March 24, 2023 | 7 min read

Future 50 inductee Danny Gardner is the analytics manager and the US and North America social intelligence lead at Haleon. He tells us how he switched from the US Treasury to a career in brand marketing.

danny gardner

Danny Gardner is a social specialist at pharma firm Haleon and a member of this year’s Future 50 / Haleon

Danny Gardner hadn’t always planned on entering into the marketing industry. He studied economics as an undergraduate then attended business school. “I took maybe two marketing classes,” he says. “That’s it.”

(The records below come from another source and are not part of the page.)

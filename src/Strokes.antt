-- ===== src/Strokes.antt =====
-- Numbers as texts of strokes, with a reader: concrete functions for the parameters of the tests.
use Prim.Native.String.{[] as end_of_text, ◌∷◌ as char_then}
use estate_os_service.Base.{ℕ, zero, suc, String, ◌≡◌, refl, ap}

abbrev pub strokes : ℕ → String
strokes zero = ""
strokes (suc n) = char_then "i" (strokes n)

abbrev pub count : String → ℕ
count end_of_text = zero
count (char_then c s) = suc (count s)

pub count-strokes : (n : ℕ) → count (strokes n) ≡ n
count-strokes zero = refl
count-strokes (suc n) = ap suc (count-strokes n)
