-- ===== src/Listings/Walk.antt =====
-- Walking the pages of the public list: `ListProperties` of
-- src/listings/application/use_cases/list_properties.py with the cursors of
-- src/listings/domain/pagination/cursor.py.
use estate_os_service.Base.{
  ℕ, zero, suc, ◌≤◌, ◌<◌, String, ◌≡◌, refl, true, Option, none, some, List, [], ◌∷◌, ◌++◌, arith,
  length, take, drop, ltb, Bool-cases, inl, inr, ap,
}
use estate_os_service.Exec.{Result, ok, err}
use estate_os_service.Listings.Model.{PropertyListing, PropertyFilters, ListCursor}
use estate_os_service.Listings.Store.{Rows, matched_rows, past_cursor, list_active_keyset}
use estate_os_service.Listings.Cursor.{
  Codec, IsInverse, Cursor, CursorError, list_cursor, search_cursor, decode_token,
}
use estate_os_service.Listings.Cursor.RoundTrip.{decode-encode}
use estate_os_service.Listings.Pages.{last_row, cursor_of, next_token, fetch_page}
use estate_os_service.Listings.Order.{IsKeyed, is_strict, sort_rows-strict}
use estate_os_service.Listings.Paging.{
  past_cursor-last, take-drop, take_short, length-take, take-take, length-drop, last-take,
}

-- What a client reads on after a page: it goes on as long as it gets a token that decodes.
abbrev pub read_on :
    (Option ListCursor → List PropertyListing) → Result CursorError Cursor → List PropertyListing
read_on next (ok (list_cursor c)) = next (some c)
read_on next (ok (search_cursor c)) = []
read_on next (err e) = []

abbrev pub follow :
    {Token : Type 0}
    → (Option ListCursor → List PropertyListing)
    → Codec Token
    → Option Token
    → List PropertyListing
follow next codec none = []
follow next codec (some token) = read_on next (decode_token codec token)

-- All the rows of at most `pages` pages, each fetched with the token of the one before.
abbrev pub walk :
    {Token : Type 0}
    → Codec Token
    → String
    → PropertyFilters
    → ℕ
    → Rows
    → ℕ
    → Option ListCursor
    → List PropertyListing
walk codec fp filters limit rows zero cursor = []
walk codec fp filters limit rows (suc pages) cursor =
    let page = fetch_page codec fp filters cursor limit rows in
    page.items ++ follow (walk codec fp filters limit rows pages) codec page.next_cursor

++-nil : (ls : List PropertyListing) → ls ++ [] ≡ ls
++-nil [] = refl
++-nil (l ∷ ls) = ap (λ t. l ∷ t) (++-nil ls)

keyset_page :
    (filters : PropertyFilters) (cursor : Option ListCursor) (limit : ℕ) (rows : Rows)
    → list_active_keyset filters cursor limit rows ≡ (
      take limit (past_cursor cursor (matched_rows filters none rows)),
      ltb limit (length (past_cursor cursor (matched_rows filters none rows))),
    )
unfolding list_active_keyset
keyset_page filters cursor limit rows =
    let ls = past_cursor cursor (matched_rows filters none rows) in
    rw (take-take limit ls, length-take limit ls) refl

module _ {Token : Type 0} (codec : Codec Token) (fp : String) (filters : PropertyFilters)
    (limit : ℕ) (rows : Rows) where
  abbrev rest_of : Option ListCursor → List PropertyListing
  rest_of cursor = past_cursor cursor (matched_rows filters none rows)

  fetch_page-keyset :
      (cursor : Option ListCursor)
      → fetch_page codec fp filters cursor limit rows ≡ (record {
        items = take limit (rest_of cursor);
        next_cursor =
            next_token codec fp
              (ltb limit (length (rest_of cursor)))
              (last_row (take limit (rest_of cursor)));
      })
  unfolding fetch_page
  fetch_page-keyset cursor = rw (keyset_page filters cursor limit rows) refl

  -- A walk reads every row past its cursor, once it has as many pages as there are such rows.
  walk-rest :
      (pages : ℕ) (cursor : Option ListCursor)
      → IsInverse codec
      → is_strict (matched_rows filters none rows) ≡ true
      → 0 < limit
      → length (rest_of cursor) ≤ pages
      → walk codec fp filters limit rows pages cursor ≡ rest_of cursor
  walk-rest zero cursor inv strict pos h = ground (arith, take_short 0 (rest_of cursor))
  walk-rest (suc pages) cursor inv strict pos h =
      rw (fetch_page-keyset cursor) (elim (Bool-cases (ltb limit (length (rest_of cursor)))) [
        | inl more ↦
            let (y, e) = last-take limit (rest_of cursor) pos (ground arith) in
            let onward : rest_of (some (cursor_of fp y)) ≡ drop limit (rest_of cursor) =
              past_cursor-last fp cursor y limit (matched_rows filters none rows) strict e in
            let fewer : length (rest_of (some (cursor_of fp y))) ≤ pages =
              ground (arith, onward, length-drop limit (rest_of cursor)) in
            rw
              (
                more,
                e,
                decode-encode codec (list_cursor (cursor_of fp y)) inv,
                walk-rest pages (some (cursor_of fp y)) inv strict pos fewer,
                onward,
              )
              (take-drop limit (rest_of cursor))
        | inr last ↦ rw (last, take_short limit (rest_of cursor) (ground arith)) (++-nil _)
      ])

-- Following the tokens from the first page, a client reads all the rows that match the filters, in
-- their order and each once, in at most as many pages as there are such rows.
pub walk_complete :
    {Token : Type 0} (codec : Codec Token) (fp : String) (filters : PropertyFilters) (limit : ℕ)
    (rows : Rows) (pages : ℕ)
    → IsInverse codec
    → IsKeyed rows
    → 0 < limit
    → length (matched_rows filters none rows) ≤ pages
    → walk codec fp filters limit rows pages none ≡ matched_rows filters none rows
unfolding matched_rows
walk_complete codec fp filters limit rows pages inv keyed pos h =
    walk-rest codec fp filters limit rows pages none inv (sort_rows-strict _ rows keyed) pos h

During his final year of graduate school, while working as an intern and analyzing macroeconomic data at the United States Treasury Department, he suddenly found himself facing a major career choice: he could go work at Dow Jones, where he would continue doing the same kind of data analysis, or he could go to W2O Group, a healthcare company that would later become Real Chemistry, where he could work on something called “social listening.”

He chose the latter knowing that it could be what he would later describe as “a stepping stone into the marketing world.”

In 2019, the same year he received his MBA from American University, Gardner was hired by the British international pharmaceutical company GSK as a senior data analyst and global social intelligence lead. “I started out as a data scientist, basically tidying and automating data structures, but what really fascinated me was how much data could be collected from social media. It fascinated me how complex social listening could be and how underutilized it was.”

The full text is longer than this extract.